27 June 2017


'Compensation for Breach of the General Data Protection Regulation' by Eoin O'Dell comments
Article 82(1) of the General Data Protection Regulation (GDPR) provides that any "person who has suffered material or non-material damage as a result of an infringement of this Regulation shall have the right to receive compensation from the controller or processor for the damage suffered". As a consequence, compliance with the GDPR is ensured through a mutually reinforcing combination of public and private enforcement that blends public fines with private damages. 
The first part of this article compares and contrasts Article 82(1) GDPR with compensation provisions in other EU Regulations and Directives and with the caselaw of the CJEU on those provisions, and concludes that it is not clear that Article 82(1) GDPR is directly horizontally effective though the Court (eventually, if and when it is asked) is likely to interpret it broadly. This means that the safest course of action at this stage is to provide expressly for a claim for compensation in national law. The second part of this article compares and contrasts the compensation provisions in the Irish government's General Scheme of the Data Protection Bill 2017 with existing legislation, and concludes that the Heads of the Scheme do not give full effect to Article 82(1) GDPR. Amendments to the Scheme are therefore proposed. 
Claims for compensation are an important part of the enforcement architecture of the GDPR. Private enforcement will help to discourage infringements of the rights of data subjects; it will make a significant contribution to the protection of privacy and data protection rights in the European Union; and it will help to ensure that the great promise of the GDPR is fully realised.
'The Dynamic Effect of Information Privacy Law' by Ignacio Cofone in (2017) 18 Minnesota Journal of Law, Science and Technology 517 argues
Discussions of information privacy typically rely on the idea that there is a tradeoff between privacy and availability of information. But privacy, under some circumstances, can lead to creation of more information. In this article, I identify such circumstances by exploring the ex ante incentives created by entitlements to personal data and evaluating the long-term effects of privacy. In so doing, I introduce an economic justification of information privacy law.
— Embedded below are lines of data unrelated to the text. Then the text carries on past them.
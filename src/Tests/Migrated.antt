-- ===== src/Tests/Migrated.antt =====
-- A key file of an old vault is migrated into a vault in memory that holds nothing, and so are the two
-- files of an old vault.
use emerald_rs.Prelude.{
  ◌≡◌, refl, String, true, Option, none, some, [], ◌∷◌, ok, false, ◌++◌, map, All, ◌≢◌,
  if◌then◌else◌, arith, str_eq, Result,
}
use emerald_rs.Chains.{ethereum_classic}
use emerald_rs.Structs.{Uuid, PrivateKeyHolder, Seed, Wallet}
use emerald_rs.Storage.VaultStorage.{VaultStorage, IsVaultStorage}
use emerald_rs.Migration.{MigrationResult, LogMessage, has_log}
use emerald_rs.Migration.KeyFiles.{KeyFileV2, core, hmac_sha256_v2, pbkdf2_v2, encrypted_from_v2}
use emerald_rs.Migration.AddToVault.{MigrationLib, add_to_vault}
use emerald_rs.Storage.Disk.{FileSystem, Paths, directory}
use emerald_rs.Storage.Archive.{submit, check_opened}
use emerald_rs.Storage.Standard.{create_vault}
use emerald_rs.Migration.V1.Migrate.{
  MigrationError, started, migrate, migrate_opened, migrate_chain,
}
use emerald_rs.Migration.V1.{
  OldVault, migrate_wallets, blockchain_path, process_file, process_files,
}
use emerald_rs.Migration.Complete.Run.{migrate_complete, after_files}
use emerald_rs.Migration.Complete.{migrate_wallets_complete, IsMigrated, wallet_id_of}
use emerald_rs.Tests.Memory.{memory, memory-IsVault, memory-Keeps}
use emerald_rs.Tests.Messages.{hex}

abbrev State : Type 0
State = (Uuid → Option Wallet) × ((Uuid → Option PrivateKeyHolder) × (Uuid → Option Seed))

abbrev wallets_of : State → Uuid → Option Wallet
wallets_of s = s.0

abbrev keys_of : State → Uuid → Option PrivateKeyHolder
keys_of s = s.1.0

abbrev seeds_of : State → Uuid → Option Seed
seeds_of s = s.1.1

abbrev put_wallets : State → (Uuid → Option Wallet) → State
put_wallets s v = (v, s.1)

abbrev put_keys : State → (Uuid → Option PrivateKeyHolder) → State
put_keys s v = (s.0, (v, s.1.1))

abbrev put_seeds : State → (Uuid → Option Seed) → State
put_seeds s v = (s.0, (s.1.0, v))

abbrev empty : State
empty = (λ _. none, (λ _. none, λ _. none))

abbrev vault : VaultStorage State String
vault = record {
  keys = memory keys_of put_keys (λ k. k.id) (λ s v. refl) [];
  seeds = memory seeds_of put_seeds (λ k. k.id) (λ s v. refl) [];
  wallets = memory wallets_of put_wallets (λ w. w.id) (λ s v. refl) [];
  key_filename = λ _. "key";
  wallet_filename = λ _. "wallet";
}

abbrev lib : MigrationLib
lib = record {
  hex = hex;
  path_of_text = λ _. none;
  sha256 = λ bs. bs;
  address_text = λ _. "0x01";
  debug = λ _. "error";
}

target_laws :
    IsVaultStorage vault keys_of seeds_of wallets_of (λ k. some k) (λ s. some s) (λ w. some w)
target_laws = record {
  keys_law = memory-IsVault keys_of put_keys (λ k. k.id) (λ s v. refl) [];
  seeds_law = memory-IsVault seeds_of put_seeds (λ k. k.id) (λ s v. refl) [];
  wallets_law = memory-IsVault wallets_of put_wallets (λ w. w.id) (λ s v. refl) [];
  keys_keep = memory-Keeps keys_of put_keys (λ k. k.id) (λ s v. refl) wallets_of (λ s v. refl) [];
  seeds_keep =
      memory-Keeps seeds_of put_seeds (λ k. k.id) (λ s v. refl) wallets_of (λ s v. refl) [];
  keys_keep_seeds =
      memory-Keeps keys_of put_keys (λ k. k.id) (λ s v. refl) seeds_of (λ s v. refl) [];
  seeds_keep_keys =
      memory-Keeps seeds_of put_seeds (λ k. k.id) (λ s v. refl) keys_of (λ s v. refl) [];
  wallets_keep_keys =
      memory-Keeps wallets_of put_wallets (λ w. w.id) (λ s v. refl) keys_of (λ s v. refl) [];
  wallets_keep_seeds =
      memory-Keeps wallets_of put_wallets (λ w. w.id) (λ s v. refl) seeds_of (λ s v. refl) [];
}

abbrev wallet_id : Uuid
wallet_id = 6

abbrev key_file : KeyFileV2
key_file = record {
  visible = none;
  name = some "savings";
  description = none;
  address = some (1 ∷ []);
  uuid = 3;
  crypto = core (record {
    cipher_text = [];
    iv = 7 ∷ [];
    kdf_params = record { kdf = pbkdf2_v2 hmac_sha256_v2 1024; dklen = 32; salt = 8 ∷ [] };
    mac = 9 ∷ [];
  });
}

-- An old vault with two files.
abbrev old : OldVault State String
old = record {
  join = λ name. name;
  exists = λ _ _. true;
  is_dir = λ _ _. true;
  glob_json = λ dir _. "a.json" ∷ "b.json" ∷ [];
  read = λ _ _. some [];
  from_slice = λ _. some (record {
    version = 3;
    id = 3;
    address = key_file.address;
    name = key_file.name;
    description = none;
    visible = none;
    crypto = record {
      cipher_text = [];
      iv = 7 ∷ [];
      kdf_params = record { kdf = pbkdf2_v2 hmac_sha256_v2 1024; dklen = 32; salt = 8 ∷ [] };
      mac = 9 ∷ [];
    };
  });
  debug_path = λ path. path;
  debug_name = λ path. path;
  new_ids = λ path. if str_eq path "a.json" then (5, 6) else (7, 8);
}

-- A disk on which every operation succeeds and is not seen.
abbrev unseen : FileSystem State String
unseen = record {
  node = λ _ _. some directory;
  read = λ _ s. (ok [], s);
  write = λ _ _ s. (ok tt, s);
  rename = λ _ _ s. (ok tt, s);
  remove_file = λ _ s. (ok tt, s);
  create_dir_all = λ _ s. (ok tt, s);
  move_items = λ _ _ s. (ok tt, s);
  read_dir = λ _ s. (ok [], s);
  create = λ _ s. (ok tt, s);
  write_all = λ _ _ s. (ok tt, s);
}

abbrev texts : Paths String
texts = record {
  equal = str_eq;
  join = λ _ name. name;
  parent = λ _. none;
  file_name = λ p. some p;
  file_stem = λ p. some p;
  extension = λ _. none;
  with_extension = λ p _. p;
  uuid_text = λ _. "";
  uuid_of = λ _. none;
  captures = λ _. none;
  is_backup = λ _. false;
  related = λ _ _. true;
}

abbrev run : Result MigrationError MigrationResult × State
run = migrate texts unseen old lib 100 (λ _. "error") vault "vault" "2021" empty

abbrev outcome : MigrationResult
outcome = record {
  wallets = 6 ∷ 8 ∷ [];
  logs =
      LogMessage.info "Start migration from Vault V1"
      ∷ LogMessage.info "Migrate EthereumClassic"
      ∷ LogMessage.info "Process Key File a.json"
      ∷ LogMessage.info "Process Key File b.json"
      ∷ LogMessage.info "Done migrating EthereumClassic"
      ∷ LogMessage.info "Moving to archive keys for EthereumClassic"
      ∷ LogMessage.info "Migration finished"
      ∷ [];
}

ran : run.0 ≡ ok outcome
unfolding migrate migrate_opened migrate_chain create_vault submit check_opened migrate_wallets
    blockchain_path process_files process_file add_to_vault encrypted_from_v2
ran = refl

found : blockchain_path old ethereum_classic empty ≡ some "mainnet"
unfolding blockchain_path
found = refl

silent :
    has_log (migrate_wallets old lib vault 100 ethereum_classic started empty).0.migration ≡ false
unfolding migrate_wallets blockchain_path process_files process_file add_to_vault encrypted_from_v2
    has_log
silent = refl

migrate_wallets_complete_example :
    ((migrate_wallets old lib vault 100 ethereum_classic started empty).0.created_wallets
      ≡ started.created_wallets ++ map (wallet_id_of old) (old.glob_json "mainnet" empty))
    × All
        (IsMigrated old lib vault 100 ethereum_classic wallets_of
          (λ w. some w)
          (migrate_wallets old lib vault 100 ethereum_classic started empty).1)
        (old.glob_json "mainnet" empty)
    × ((j : Uuid)
        → All (λ path. wallet_id_of old path ≢ j) (old.glob_json "mainnet" empty)
        → wallets_of (migrate_wallets old lib vault 100 ethereum_classic started empty).1 j
          ≡ wallets_of empty j)
migrate_wallets_complete_example =
    migrate_wallets_complete old lib vault 100 ethereum_classic keys_of seeds_of wallets_of
      (λ k. some k) (λ s. some s) (λ w. some w) target_laws "mainnet" started empty found
      (((λ same. omega (arith, same)), tt), (tt, tt)) silent

complete_found :
    blockchain_path old ethereum_classic (create_vault texts unseen vault "vault" empty).1
    ≡ some "mainnet"
unfolding blockchain_path
complete_found = refl

complete_silent : has_log outcome ≡ false
unfolding has_log
complete_silent = refl

migrate_complete_example :
    (outcome.wallets
      ≡ map
          (wallet_id_of old)
          (old.glob_json "mainnet" (create_vault texts unseen vault "vault" empty).1))
    × All
        (IsMigrated old lib vault 100 ethereum_classic wallets_of
          (λ w. some w)
          (after_files texts unseen old lib vault 100 keys_of seeds_of wallets_of
            (λ k. some k)
            (λ s. some s)
            (λ w. some w)
            target_laws
            (create_vault texts unseen vault "vault" empty).1))
        (old.glob_json "mainnet" (create_vault texts unseen vault "vault" empty).1)
migrate_complete_example =
    migrate_complete texts unseen old lib vault 100 keys_of seeds_of wallets_of (λ k. some k)
      (λ s. some s) (λ w. some w) target_laws (λ _. "error") "vault" "2021" empty "mainnet" outcome
      ran complete_found (((λ same. omega (arith, same)), tt), (tt, tt)) complete_silent
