-- ===== src/ConnectionStore/Saved.antt =====
-- The saved connections in apps/desktop/src/store/connection-store.ts: `saveConnection`,
-- `registerConnection`, `removeConnection`, `selectConnection`, `setConnectionStatus`,
-- `setEndpointUrl`, `clearConnectionHistory`, and what is kept in local storage.
use socketlens.Common.{
  ℕ, List, [], ◌∷◌, map, Option, none, some, Bool, true, false, not, Text, lit, text_eq, trim,
  filter, find, if◌then◌else◌, or_else, or_some,
}
use socketlens.Packet.{Stamp}
use socketlens.Platform.{Platform, UserFacingError, translate_web_socket_validation_message}
use socketlens.Environment.{AppEnvironment}
use socketlens.UiStore.{AppLogLevel, ToastLevel}
use socketlens.Connection.{
  Connection, ConnectionStatus, ConnectionTransport, WebSocketUrlValidationResult,
  create_connection, validate_web_socket_url,
}
use socketlens.ConnectionStore.{ConnectionStore, Settings, World, log, toast}
use socketlens.ConnectionStore.Connections.{
  ResolvedConnectionEndpoint, by_template, by_url, upsert_connection, patch_connection,
  find_connection, get_stable_connection_name, get_connection_environment,
  resolve_connection_endpoint, create_invalid_url_error, sanitize_connection,
}
use socketlens.ConnectionStore.Connect.{of_target, of_environment, template_of}

pub record SaveConnectionInput : Type 0 where
  pub endpoint_url : Text
  pub endpoint_template : Option Text
  pub environment_id : Option Text
  pub environment_name : Option Text
  pub name : Option Text

abbrev edit : (ConnectionStore → ConnectionStore) → World → World
edit f w = record w { connection = f w.connection }

-- `activeConnectionId ? … : []`
abbrev pub only_active : Option Text → List Connection → List Connection
only_active none connections = []
only_active (some []) connections = []
only_active (some (c ∷ id)) connections = filter (λ x. text_eq x.id (c ∷ id)) connections

abbrev unless_id : Option Text → Text → Option Text
unless_id none id = none
unless_id (some other) id = if text_eq other id then none else some other

abbrev pub truthy_or : {A : Type 0} → Option Text → A → A → A
truthy_or none a b = b
truthy_or (some []) a b = b
truthy_or (some (c ∷ id)) a b = a

unfoldable pub register_connection : Connection → World → World
unfolding upsert_connection
register_connection connection w =
    edit
      (λ s. record s {
        connections = upsert_connection s.connections connection;
        selected_connection_id = some connection.id;
      })
      w

unfoldable pub remove_connection : Text → World → World
remove_connection connection_id w =
    edit
      (λ s. record s {
        active_connection_id = unless_id s.active_connection_id connection_id;
        connections = filter (λ c. not (text_eq c.id connection_id)) s.connections;
        selected_connection_id = unless_id s.selected_connection_id connection_id;
      })
      w

abbrev pub is_demo : ConnectionTransport → Bool
is_demo ConnectionTransport.demo = true
is_demo ConnectionTransport.websocket = false

unfoldable pub select_connection : Text → World → World
unfolding find_connection
select_connection connection_id w = elim (find_connection w.connection.connections connection_id) [
  | none ↦ w
  | some c ↦
      edit
        (λ s. record s {
          endpoint_url = if is_demo c.transport then s.endpoint_url else c.endpoint_url;
          error = c.error;
          error_details = c.error;
          selected_connection_id = some c.id;
        })
        w
]

-- The patch sets the other fields; its time, if it has one, wins over the clock.
unfoldable pub set_connection_status :
    Stamp → Text → ConnectionStatus → (Connection → Connection) → Option ℕ → World → World
unfolding patch_connection
set_connection_status stamp connection_id status patch patched_at w =
    edit
      (λ s. record s {
        connections = patch_connection s.connections connection_id (λ c.
            let patched = patch c in
            record patched { status = status; updated_at = or_else patched_at stamp.now });
      })
      w

unfoldable pub set_endpoint_url : Text → World → World
set_endpoint_url endpoint_url w =
    let found =
      find (λ (c : Connection). text_eq c.endpoint_url (trim endpoint_url))
        w.connection.connections in
    edit
      (λ s. record s {
        endpoint_url = endpoint_url;
        error = of_target (λ c. c.error) found;
        selected_connection_id = of_target (λ c. some c.id) found;
      })
      w

module _ (π : Platform) (settings : Settings) where
  unfoldable pub clear_connection_history : Stamp → World → World
  clear_connection_history stamp w =
      let active = w.connection.active_connection_id in
      log settings stamp none AppLogLevel.info (π.t (lit "connection.logs.historyCleared") []) none
        (edit
          (λ s. record s {
            connections = only_active active s.connections;
            selected_connection_id = active;
          })
          w)

  -- The part that the two failures of `saveConnection` share.
  unfoldable pub fail_save : (ℕ → Stamp) → UserFacingError → World → World
  fail_save stamps issue w =
      toast (stamps 1) (some issue.technical_details) ToastLevel.error issue.suggestion issue.title
        (log settings (stamps 0) none AppLogLevel.error issue.message none (
          edit
            (λ s. record s {
              error = some issue.message;
              error_details = some issue.technical_details;
              last_disconnect_reason = some issue.message;
              status = ConnectionStatus.error;
            })
            w))

  -- The connection that `saveConnection` builds for a valid URL.
  unfoldable pub saved_connection :
      (ℕ → Stamp) → SaveConnectionInput → Text → List Connection → Connection
  unfolding get_stable_connection_name
  saved_connection stamps input url connections =
      let template = or_some input.endpoint_template (template_of input.endpoint_url) in
      let environment = get_connection_environment settings input.environment_id in
      let environment_id =
        or_some input.environment_id
          (of_environment (λ (e : AppEnvironment). e.id) template environment) in
      let environment_name =
        or_some input.environment_name
          (of_environment (λ (e : AppEnvironment). e.name) template environment) in
      let existing =
        or_some (by_template template environment_id connections) (by_url url connections) in
      let now = (stamps 0).now in
      let base = or_else existing (
        create_connection π (record {
          endpoint_url = url;
          endpoint_template = template;
          environment_id = environment_id;
          environment_name = environment_name;
          id = (stamps 1).id;
          name = none;
          now = now;
          transport = none;
        })) in
      record base {
        endpoint_url = url;
        endpoint_template = template;
        environment_id = environment_id;
        environment_name = environment_name;
        error = none;
        name = get_stable_connection_name π input.name url;
        status = or_else (of_target (λ c. some c.status) existing) ConnectionStatus.idle;
        updated_at = now;
      }

  unfoldable pub commit_save :
      (ℕ → Stamp) → SaveConnectionInput → Text → World → World × Option Connection
  unfolding saved_connection upsert_connection
  commit_save stamps input url w =
      let connection = saved_connection stamps input url w.connection.connections in
      (
        log settings (stamps 2) (some connection.id) AppLogLevel.success
            (π.t (lit "connection.logs.saved") ((lit "name", connection.name) ∷ [])) none
            (edit
              (λ s. record s {
                connections = upsert_connection s.connections connection;
                endpoint_url = url;
                error = none;
                error_details = none;
                selected_connection_id = some connection.id;
                status = truthy_or s.active_connection_id s.status ConnectionStatus.idle;
              })
              w),
        some connection,
      )

  unfoldable pub save_connection :
      (ℕ → Stamp) → SaveConnectionInput → World → World × Option Connection
  unfolding fail_save commit_save
  save_connection stamps input w =
      elim (resolve_connection_endpoint π
        (or_some input.endpoint_template (template_of input.endpoint_url)) input.endpoint_url
        (get_connection_environment settings input.environment_id)) [
          | ResolvedConnectionEndpoint.unresolved message technical_message ↦
              (fail_save stamps (create_invalid_url_error π message technical_message) w, none)
          | ResolvedConnectionEndpoint.resolved endpoint ↦
              elim (validate_web_socket_url π endpoint) [
                | WebSocketUrlValidationResult.invalid message ↦ (
                  fail_save stamps
                      (create_invalid_url_error π
                        (translate_web_socket_validation_message π message) message)
                      w,
                  none,
                )
                | WebSocketUrlValidationResult.ok url ↦ commit_save stamps input url w
              ]
        ]

-- What `partialize` writes to local storage, and `merge` reads back.
pub record PersistedConnectionState : Type 0 where
  pub connections : List Connection
  pub endpoint_url : Text
  pub selected_connection_id : Option Text

unfoldable pub partialize : Settings → ConnectionStore → PersistedConnectionState
unfolding sanitize_connection
partialize settings s = record {
  connections =
      if settings.persist_recent_connections
      then map sanitize_connection (filter (λ c. not (is_demo c.transport)) s.connections)
      else [];
  endpoint_url = s.endpoint_url;
  selected_connection_id =
      if settings.persist_recent_connections then s.selected_connection_id else none;
}

unfoldable pub merge_persisted : PersistedConnectionState → ConnectionStore → ConnectionStore
unfolding sanitize_connection
merge_persisted persisted current = record current {
  connections = map sanitize_connection persisted.connections;
  endpoint_url = persisted.endpoint_url;
  selected_connection_id = persisted.selected_connection_id;
}
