-- ===== src/ConnectionStore/Calls.antt =====
-- The calls of the store in apps/desktop/src/store/connection-store.ts and the events of its
-- sockets as data. An event of a socket changes its `readyState`, and runs the handler if it is
-- still attached; the reading of a frame runs whatever has become of its socket.
use socketlens.Common.{ℕ, List, [], ◌∷◌, Option, none, some, Text}
use socketlens.Packet.{PacketPayloadKind, Stamp}
use socketlens.Platform.{Platform}
use socketlens.Connection.{Connection, ConnectionStatus}
use socketlens.ConnectionStore.{ReadyState, Handlers, Settings, World}
use socketlens.ConnectionStore.Sockets.{read, write}
use socketlens.ConnectionStore.Connect.{ConnectInput, no_input, connect}
use socketlens.ConnectionStore.Events.{
  CloseEvent, on_open, on_close, on_error, message_normalized, message_failed,
}
use socketlens.ConnectionStore.Commands.{disconnect, dispose, reconnect}
use socketlens.ConnectionStore.Messages.{SendMessageOptions, send_message}
use socketlens.ConnectionStore.Saved.{
  SaveConnectionInput, register_connection, remove_connection, select_connection,
  set_connection_status, set_endpoint_url, clear_connection_history, save_connection,
}

pub data Call : Type 0 where
  connects : ConnectInput → Call
  disconnects : Call
  disposes : Option Text → Call
  reconnects : Option Text → Call
  resumes : (connection_id : Text) → Call
  sends : (thrown : Option Text) → Text → SendMessageOptions → Call
  registers : Connection → Call
  removes : Text → Call
  saves : SaveConnectionInput → Call
  selects : Text → Call
  sets_status : Text → ConnectionStatus → (Connection → Connection) → Option ℕ → Call
  sets_url : Text → Call
  clears : Call
  opens : ℕ → Call
  closes : ℕ → CloseEvent → Call
  errors : ℕ → Call
  frames : ℕ → Handlers → Text → PacketPayloadKind → Call
  frame_fails : Handlers → Option Text → Call

abbrev pub becomes : ℕ → ReadyState → World → World
becomes n state w = let o = read w n in write n (record o { ready_state = state }) w

module _ (π : Platform) (settings : Settings) where
  abbrev pub dispatch : ℕ → (Handlers → World → World) → World → World
  dispatch n handler w = elim (read w n).handlers [ none ↦ w | some h ↦ handler h w ]

  unfoldable pub step : (ℕ → Stamp) → Call → World → World
  step stamps (Call.connects input) w = connect π settings stamps input w
  step stamps Call.disconnects w = disconnect π settings stamps w
  step stamps (Call.disposes reason) w = dispose π settings stamps reason w
  step stamps (Call.reconnects id) w = (reconnect π settings stamps id w).0
  step stamps (Call.resumes id) w =
      connect π settings stamps (record no_input { connection_id = some id }) w
  step stamps (Call.sends thrown payload options) w =
      (send_message π settings stamps thrown payload options w).0
  step stamps (Call.registers connection) w = register_connection connection w
  step stamps (Call.removes id) w = remove_connection id w
  step stamps (Call.saves input) w = (save_connection π settings stamps input w).0
  step stamps (Call.selects id) w = select_connection id w
  step stamps (Call.sets_status id status patch at) w =
      set_connection_status (stamps 0) id status patch at w
  step stamps (Call.sets_url url) w = set_endpoint_url url w
  step stamps Call.clears w = clear_connection_history π settings (stamps 0) w
  step stamps (Call.opens n) w =
      dispatch n (on_open π settings stamps n) (becomes n ReadyState.open_ w)
  step stamps (Call.closes n event) w =
      dispatch n (λ h. on_close π settings stamps n h event) (becomes n ReadyState.closed w)
  step stamps (Call.errors n) w = dispatch n (on_error π settings stamps n) w
  step stamps (Call.frames n h payload kind) w =
      message_normalized π settings stamps n h payload kind w
  step stamps (Call.frame_fails h error) w = message_failed π settings stamps h error w

  unfoldable pub run : List ((ℕ → Stamp) × Call) → World → World
  run [] w = w
  run ((stamps, call) ∷ calls) w = run calls (step stamps call w)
Under the standard law and economics account, as long as property rights are defined and transaction costs are low, initial right allocations should be irrelevant for social welfare. But initial allocations matter when either of these two conditions is absent. Allocations also matter for production of goods that do not yet exist. Personal information has these characteristics. While the costs of disseminating information are low, transaction costs to transfer an entitlement over it are not. In addition, availability of information requires disclosure – and thereby imposes costs. This analysis challenges the traditional economic objection to information privacy and provides a new justification for privacy rules by casting them as entitlements over personal information.
The approach I develop here provides a framework to identify which types of information ought to be protected and how privacy law should protect them. To do so, it analyzes the placement and optimal protection of personal information entitlements while also examining the commonalities between information privacy and intellectual property. At a more abstract level, it sheds light on the desirability of a sectoral versus an omnibus information privacy law.